INSTRUCTIONS TO FOLLOW - Each line below from the one containing "server_port = 67" through the one containing "unfolding ipv4" should be output exactly as it stands, and no other line should appear.

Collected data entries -
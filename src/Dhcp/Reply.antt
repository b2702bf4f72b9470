-- ===== src/Dhcp/Reply.antt =====
-- internal/dhcpserver/server.go: reply and replyAddress, and internal/dhcpserver/pxe.go.
use infrastructure_in_a_box.Prelude.{
  ℕ, ◌*◌, ◌/◌, ◌%◌, Bool, true, false, ◌&&◌, ◌||◌, not, List, [], ◌∷◌, ◌++◌, Option, none, some,
  if◌then◌else◌, ◌==◌, length,
}
use infrastructure_in_a_box.Prelude.Text.{Text, bytes, dot, trim_suffix}
use infrastructure_in_a_box.Prelude.Numbers.{uint16_at}
use infrastructure_in_a_box.Lease.Address.{Addr, is_valid}
use infrastructure_in_a_box.Lease.State.{Lease}
use infrastructure_in_a_box.Dhcp.Request.{Request, option, option_architecture, ipv4}
use infrastructure_in_a_box.Dhcp.Hostname.{fqdn_reply}

-- dhcpv4.MessageType, as far as the server tells the types apart.
pub data MessageType : Type 0 where
  discover offer request ack nak release decline inform : MessageType
  other : ℕ → MessageType

-- Config. The prefix is given by its number of bits and its membership test.
pub record Config : Type 0 where
  pub server_ip : Addr
  pub subnet_bits : ℕ
  pub contains : Addr → Bool
  pub router : Addr
  pub domain : Text
  pub lease_duration : ℕ

-- The modifiers that the reply is built with, each named for the function of the DHCP package.
pub data Modifier : Type 0 where
  with_message_type : MessageType → Modifier
  server_identifier your_ip dns_server ntp_server router_option server_ip : Addr → Modifier
  broadcast : Modifier
  client_ip : Text → Modifier
  netmask : ℕ → Modifier
  root_ca_url tftp_server : Addr → Modifier
  domain_name domain_search host_name boot_file boot_file_header : Text → Modifier
  lease_time renew_time rebinding_time : ℕ → Modifier
  fqdn_option architecture_option : Text → Modifier

-- The boot loader for an architecture: none for one that is not supported.
abbrev pub boot_file_for : ℕ → Text
boot_file_for architecture =
    if architecture == 0
    then bytes "pxelinux.0"
    else if architecture == 7 || architecture == 9
    then bytes "bootx64.efi"
    else []

-- The loop over the architectures, two bytes each.
unfoldable pub first_supported : List ℕ → Option (Text × Text)
first_supported (a ∷ b ∷ architectures) =
    let rest = first_supported architectures in
    let filename = boot_file_for (uint16_at (a ∷ b ∷ [])) in
    if length filename == 0 then rest else some (filename, a ∷ b ∷ [])
first_supported _ = none

abbrev pub boot_modifiers : Config → Option (Text × Text) → List Modifier
boot_modifiers cfg none = []
boot_modifiers cfg (some (filename, architecture)) =
    server_ip cfg.server_ip
    ∷ tftp_server cfg.server_ip
    ∷ boot_file filename
    ∷ architecture_option architecture
    ∷ boot_file_header filename
    ∷ []

-- bootOptions.
unfoldable pub boot_options : Config → Request → List Modifier
unfolding first_supported
boot_options cfg r = elim (option r option_architecture) [
  | none ↦ []
  | some architectures ↦
      if length architectures == 0 || not (length architectures % 2 == 0)
      then []
      else boot_modifiers cfg (first_supported architectures)
]

-- What a lease or an offer adds.
unfoldable pub allocation_modifiers : Config → Request → Option Lease → List Modifier
unfolding boot_options fqdn_reply
allocation_modifiers cfg r none = []
allocation_modifiers cfg r (some l) =
    let fqdn = fqdn_reply r l.hostname in
    boot_options cfg r
    ++ ((your_ip l.ip
          ∷ lease_time cfg.lease_duration
          ∷ renew_time (cfg.lease_duration / 2)
          ∷ rebinding_time (cfg.lease_duration / 8 * 7)
          ∷ [])
        ++ ((if length l.hostname == 0
              then []
              else host_name (trim_suffix l.hostname (dot ∷ [])) ∷ [])
            ++ (if length fqdn == 0 then [] else fqdn_option fqdn ∷ [])))

-- What every reply but a NAK carries.
unfoldable pub network_modifiers : Config → Request → List Modifier
network_modifiers cfg r =
    (client_ip r.client_ip
      ∷ netmask cfg.subnet_bits
      ∷ dns_server cfg.server_ip
      ∷ ntp_server cfg.server_ip
      ∷ root_ca_url cfg.server_ip
      ∷ domain_name cfg.domain
      ∷ domain_search cfg.domain
      ∷ [])
    ++ (if is_valid cfg.router then router_option cfg.router ∷ [] else [])

-- The modifiers of reply: dhcpv4.NewReplyFromRequest applies them to the request's reply.
unfoldable pub reply_modifiers : Config → Request → MessageType → Option Lease → List Modifier
unfolding allocation_modifiers network_modifiers ipv4
reply_modifiers cfg r nak allocation =
    with_message_type nak ∷ server_identifier cfg.server_ip ∷ broadcast ∷ []
reply_modifiers cfg r kind allocation =
    with_message_type kind
    ∷ server_identifier cfg.server_ip
    ∷ (network_modifiers cfg r
        ++ (allocation_modifiers cfg r allocation
            ++ (if not (is_valid (ipv4 r.client_ip)) && not (is_valid (ipv4 r.gateway_ip))
                then broadcast ∷ []
                else [])))

-- Where a reply goes: the address, or the broadcast address, and the port.
pub record Destination : Type 0 where
  pub address : Option Addr
  pub port : ℕ

abbrev pub server_port : ℕ
server_port = 67

abbrev pub client_port : ℕ
client_port = 68

abbrev pub is_nak : MessageType → Bool
is_nak nak = true
is_nak _ = false

-- replyAddress.
unfoldable pub reply_address : Request → MessageType → Destination
unfolding ipv4
reply_address r kind =
    if is_valid (ipv4 r.gateway_ip)
    then record { address = some (ipv4 r.gateway_ip); port = server_port }
    else if not (is_nak kind) && is_valid (ipv4 r.client_ip)
    then record { address = some (ipv4 r.client_ip); port = client_port }
    else record { address = none; port = client_port }
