-- ===== src/Dhcp/Handler.antt =====
-- internal/dhcpserver/server.go: Handle, over the lease manager.
use infrastructure_in_a_box.Prelude.{
  ℕ, Bool, true, ◌&&◌, ◌||◌, not, List, Option, none, some, if◌then◌else◌, ltb, ◌==◌, length,
}
use infrastructure_in_a_box.Prelude.Results.{Result, ok, err}
use infrastructure_in_a_box.Prelude.Text.{Text, Unicode}
use infrastructure_in_a_box.Lease.Address.{Addr, addr_eq, is_valid}
use infrastructure_in_a_box.Lease.State.{Lease}
use infrastructure_in_a_box.Lease.Persistence.{Disk}
use infrastructure_in_a_box.Lease.Manager.{
  Manager, Error, pool_exhausted, unavailable, persist_failed,
}
use infrastructure_in_a_box.Lease.Offers.{offer_with_fallback}
use infrastructure_in_a_box.Lease.Commits.{commit_with_fallback, release, decline}
use infrastructure_in_a_box.Dhcp.Request.{
  Request, option, option_requested_ip, option_server_identifier, option_message_type, ipv4,
  client_identifier,
}
use infrastructure_in_a_box.Dhcp.Hostname.{client_hostname, fallback_hostname}
use infrastructure_in_a_box.Dhcp.Reply.{
  MessageType, discover, offer, request, ack, nak, inform, Config, Modifier, reply_modifiers,
}

-- What the server uses of the DHCP package, and SHA-256. `build` is NewReplyFromRequest.
pub record Library (Reply : Type 0) : Type 0 where
  pub message_type : Request → MessageType
  pub server_identifier : Request → Text
  pub requested_ip : Request → Text
  pub host_name : Request → Text
  pub build : Request → List Modifier → Option Reply
  pub sha256 : Text → Text

-- What a request comes to, before the reply is built: nothing, an error of the lease manager, or a
-- reply of a type, with the lease or offer that it tells of.
pub data Decision : Type 0 where
  silent : Decision
  fails : Error → Decision
  answers : MessageType → Option Lease → Decision

-- The addresses of a request: the server that it names, the one it requests and the one it has.
pub record Addresses : Type 0 where
  pub server : Addr
  pub requested : Addr
  pub current : Addr

-- A missing option, or one of four bytes.
abbrev pub is_address_option : Option Text → Bool
is_address_option none = true
is_address_option (some raw) = length raw == 4

abbrev pub option_length : Option Text → ℕ
option_length none = 0
option_length (some raw) = length raw

-- The tests at the head of Handle, on the packet alone.
unfoldable pub is_well_formed : Request → Bool
is_well_formed r =
    r.op_code == 1
    && not (ltb 16 r.hop_count)
    && is_address_option (option r option_requested_ip)
    && is_address_option (option r option_server_identifier)
    && option_length (option r option_message_type) == 1

-- What an answer of OfferWithFallback, CommitWithFallback, Release and Decline leads to.
abbrev pub after_offer : Manager × Result Error Lease → Manager × Decision
after_offer (m, ok l) = (m, answers offer (some l))
after_offer (m, err pool_exhausted) = (m, silent)
after_offer (m, err e) = (m, fails e)

abbrev pub after_commit : Manager × Result Error Lease → Manager × Decision
after_commit (m, ok l) = (m, answers ack (some l))
after_commit (m, err (persist_failed stage)) = (m, fails (persist_failed stage))
after_commit (m, err e) = (m, answers nak none)

abbrev pub after_removal : Manager × Result Error (Unit {0}) → Manager × Decision
after_removal (m, ok _) = (m, silent)
after_removal (m, err unavailable) = (m, silent)
after_removal (m, err e) = (m, fails e)

module _ (u : Unicode) (cfg : Config) (now : ℕ) (disk : Disk) (m : Manager)
    (client hostname fallback : Text) where
  -- The switch on the message type.
  unfoldable pub dispatch : MessageType → Addresses → Manager × Decision
  dispatch discover a =
      if is_valid a.current || is_valid a.server
      then (m, silent)
      else after_offer (offer_with_fallback u now m client a.requested hostname fallback)
  dispatch request a =
      if is_valid a.current
      then (if is_valid a.requested || is_valid a.server
          then (m, silent)
          else after_commit (commit_with_fallback u now disk m client a.current hostname fallback))
      else if not (is_valid a.requested)
      then (m, silent)
      else after_commit (commit_with_fallback u now disk m client a.requested hostname fallback)
  dispatch MessageType.release a =
      if not (addr_eq a.server cfg.server_ip) || not (is_valid a.current)
      then (m, silent)
      else after_removal (release now disk m client a.current)
  dispatch MessageType.decline a =
      if not (addr_eq a.server cfg.server_ip) || not (is_valid a.requested) || is_valid a.current
      then (m, silent)
      else after_removal (decline now disk m client a.requested)
  dispatch inform a =
      if not (is_valid a.current) || not (cfg.contains a.current)
      then (m, silent)
      else (m, answers ack none)
  dispatch _ a = (m, silent)

-- What Handle returns: no reply, a reply, or an error.
pub data Handled (Reply : Type 0) : Type 0 where
  no_reply build_failed : Handled Reply
  replies : Reply → Handled Reply
  manager_failed : Error → Handled Reply

abbrev pub built : {Reply : Type 0} → Option Reply → Handled Reply
built none = build_failed
built (some p) = replies p

module _ {Reply : Type 0} (lib : Library Reply) (u : Unicode) (cfg : Config) where
  abbrev pub addresses_of : Request → Addresses
  addresses_of r = record {
    server = ipv4 (lib.server_identifier r);
    requested = ipv4 (lib.requested_ip r);
    current = ipv4 r.client_ip;
  }

  -- Handle, up to the reply.
  unfoldable pub decide : ℕ → Disk → Manager → Request → Manager × Decision
  unfolding is_well_formed dispatch
  decide now disk m r =
      let client = client_identifier r in
      let relay = ipv4 r.gateway_ip in
      let a = addresses_of r in
      if not (is_well_formed r) || length client == 0
      then (m, silent)
      else if is_valid relay && not (cfg.contains relay)
      then (m, silent)
      else if is_valid a.server && not (addr_eq a.server cfg.server_ip)
      then (m, silent)
      else dispatch u cfg now disk m client (client_hostname lib.host_name r)
          (fallback_hostname lib.sha256 client) (lib.message_type r) a

  unfoldable pub reply : Request → Decision → Handled Reply
  unfolding reply_modifiers
  reply r silent = no_reply
  reply r (fails e) = manager_failed e
  reply r (answers kind allocation) = built (lib.build r (reply_modifiers cfg r kind allocation))

  -- Handle.
  unfoldable pub handle : ℕ → Disk → Manager → Request → Manager × Handled Reply
  unfolding decide reply
  handle now disk m r = let d = decide now disk m r in (d.0, reply r d.1)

REPLY -
server_port = 67

abbrev pub client_port : ℕ
client_port = 68

abbrev pub is_nak : MessageType → Bool
is_nak nak = true
is_nak _ = false

-- replyAddress.
unfoldable pub reply_address : Request → MessageType → Destination
unfolding ipv4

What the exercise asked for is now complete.